→ **GIVEN RECORDS**
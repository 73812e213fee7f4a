-- ===== src/Smtp/Regex/Paths.antt =====
-- The expressions of MAIL and RCPT accept exactly the commands that carry a mailbox.
use iu7_pvs_cp.Base.{
  true, [], ◌∷◌, ◌++◌, Option, some, ◌≡◌, ◌↔◌, refl, ap, subst, ◌∙◌, arith, Bytes, codes,
  str_eq_ignore_case,
}
use iu7_pvs_cp.Smtp.Regex.{
  is_atom_char, match_literal, expect, match_mail, match_mail_from, match_rcpt_to, at_end, ◌>>=◌,
}
use iu7_pvs_cp.Smtp.Regex.Address.{
  IsMail, match_mail_sound, match_mail_complete, bind-eq-some, expect_sound,
}

match_literal_sound :
    (p s : Bytes) {r : Bytes}
    → match_literal p s ≡ some r
    → (l : Bytes) × (s ≡ l ++ r) × (str_eq_ignore_case l p ≡ true)
unfolding match_literal
match_literal_sound [] s h = ([], ground arith, refl)
match_literal_sound (p ∷ ps) [] h = absurd (cc)
match_literal_sound (p ∷ ps) (c ∷ cs) h =
    let (l, e, k) = match_literal_sound ps cs (ground arith) in (c ∷ l, ap (◌∷◌ c) e, ground arith)

match_literal_complete :
    (l p r : Bytes) → str_eq_ignore_case l p ≡ true → match_literal p (l ++ r) ≡ some r
unfolding match_literal
match_literal_complete [] [] r h = refl
match_literal_complete (c ∷ l) (p ∷ ps) r h = ground (arith, match_literal_complete l ps r)
match_literal_complete _ _ r h = absurd (cc)

-- A command that is the literal in any case, the mailbox in brackets, and `rest`.
pub record CarriesMail (literal command mail rest : Bytes) : Type 0 where
  pub verb : Bytes
  pub spelled : str_eq_ignore_case verb literal ≡ true
  pub mailbox : IsMail mail
  pub whole : command ≡ verb ++ (mail ++ (b'>' ∷ rest))

CarriesMail-match :
    (literal command s : Bytes) (m : Bytes × Bytes) (rest : Bytes)
    → match_literal literal command ≡ some s
    → match_mail s ≡ some m
    → expect b'>' m.1 ≡ some rest
    → CarriesMail literal command m.0 rest
CarriesMail-match literal command s m rest es em er =
    let (l, e, k) = match_literal_sound literal command es in
    let (mail, whole) = match_mail_sound s m em in
    record {
      verb = l;
      spelled = k;
      mailbox = mail;
      whole = e ∙ ap (◌++◌ l) (whole ∙ ap (◌++◌ m.0) (expect_sound b'>' m.1 er));
    }

matches-CarriesMail :
    {literal command mail rest : Bytes} {A : Type 0} (f : Bytes → Bytes → Option A)
    → CarriesMail literal command mail rest
    → (match_literal literal command >>= λ s. match_mail s >>= λ m. expect b'>' m.1 >>= f m.0)
      ≡ f mail rest
unfolding expect is_atom_char
matches-CarriesMail {literal} {command} {mail} {rest} f w =
    let behind = b'>' ∷ rest in
    rw w.whole (
      rw (match_literal_complete w.verb literal (mail ++ behind) w.spelled)
        (rw (match_mail_complete behind w.mailbox (refl, refl)) refl))

at_end_sound :
    (m rest : Bytes) {mail : Bytes} → at_end m rest ≡ some mail → (rest ≡ []) × (m ≡ mail)
at_end_sound m [] h = (refl, cc)
at_end_sound m (c ∷ rest) h = absurd (cc)

-- The expression of MAIL accepts a command exactly if it is "MAIL FROM:<" in any case, a
-- mailbox, ">" and anything, and gives that mailbox.
pub match_mail_from_iff :
    (command mail : Bytes)
    → (match_mail_from command ≡ some mail)
      ↔ ((rest : Bytes) × CarriesMail (codes "MAIL FROM:<") command mail rest)
unfolding match_mail_from
match_mail_from_iff command mail = (
  λ h.
      let (s, es, h1) = bind-eq-some (match_literal (codes "MAIL FROM:<") command) _ h in
      let (m, em, h2) = bind-eq-some (match_mail s) _ h1 in
      let (rest, er, h3) = bind-eq-some (expect b'>' m.1) _ h2 in
      let e : m.0 ≡ mail = cc h3 in
      (
        rest,
        subst (λ x. CarriesMail (codes "MAIL FROM:<") command x rest) e
            (CarriesMail-match (codes "MAIL FROM:<") command s m rest es em er),
      ),
  λ w. matches-CarriesMail (λ m rest. some m) w.1,
)

-- The expression of RCPT accepts a command exactly if it is "RCPT TO:<" in any case, a mailbox
-- and ">", and gives that mailbox.
pub match_rcpt_to_iff :
    (command mail : Bytes)
    → (match_rcpt_to command ≡ some mail) ↔ CarriesMail (codes "RCPT TO:<") command mail []
unfolding match_rcpt_to
match_rcpt_to_iff command mail = (
  λ h.
      let (s, es, h1) = bind-eq-some (match_literal (codes "RCPT TO:<") command) _ h in
      let (m, em, h2) = bind-eq-some (match_mail s) _ h1 in
      let (rest, er, h3) = bind-eq-some (expect b'>' m.1) _ h2 in
      let (nil, e) = at_end_sound m.0 rest h3 in
      subst (λ x. CarriesMail (codes "RCPT TO:<") command x []) e
        (CarriesMail-match (codes "RCPT TO:<") command s m [] es em (er ∙ ap some nil)),
  λ w. matches-CarriesMail at_end w,
)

→ **ACTIVITY**
Give exactly, and nothing besides, the lines from the one in which "let (nil, e)" occurs through the end of the records.

→ **TASK OUTPUT**
      let (nil, e) = at_end_sound m.0 rest h3 in
      subst (λ x. CarriesMail (codes "RCPT TO:<") command x []) e
        (CarriesMail-match (codes "RCPT TO:<") command s m [] es em (er ∙ ap some nil)),
  λ w. matches-CarriesMail at_end w,
)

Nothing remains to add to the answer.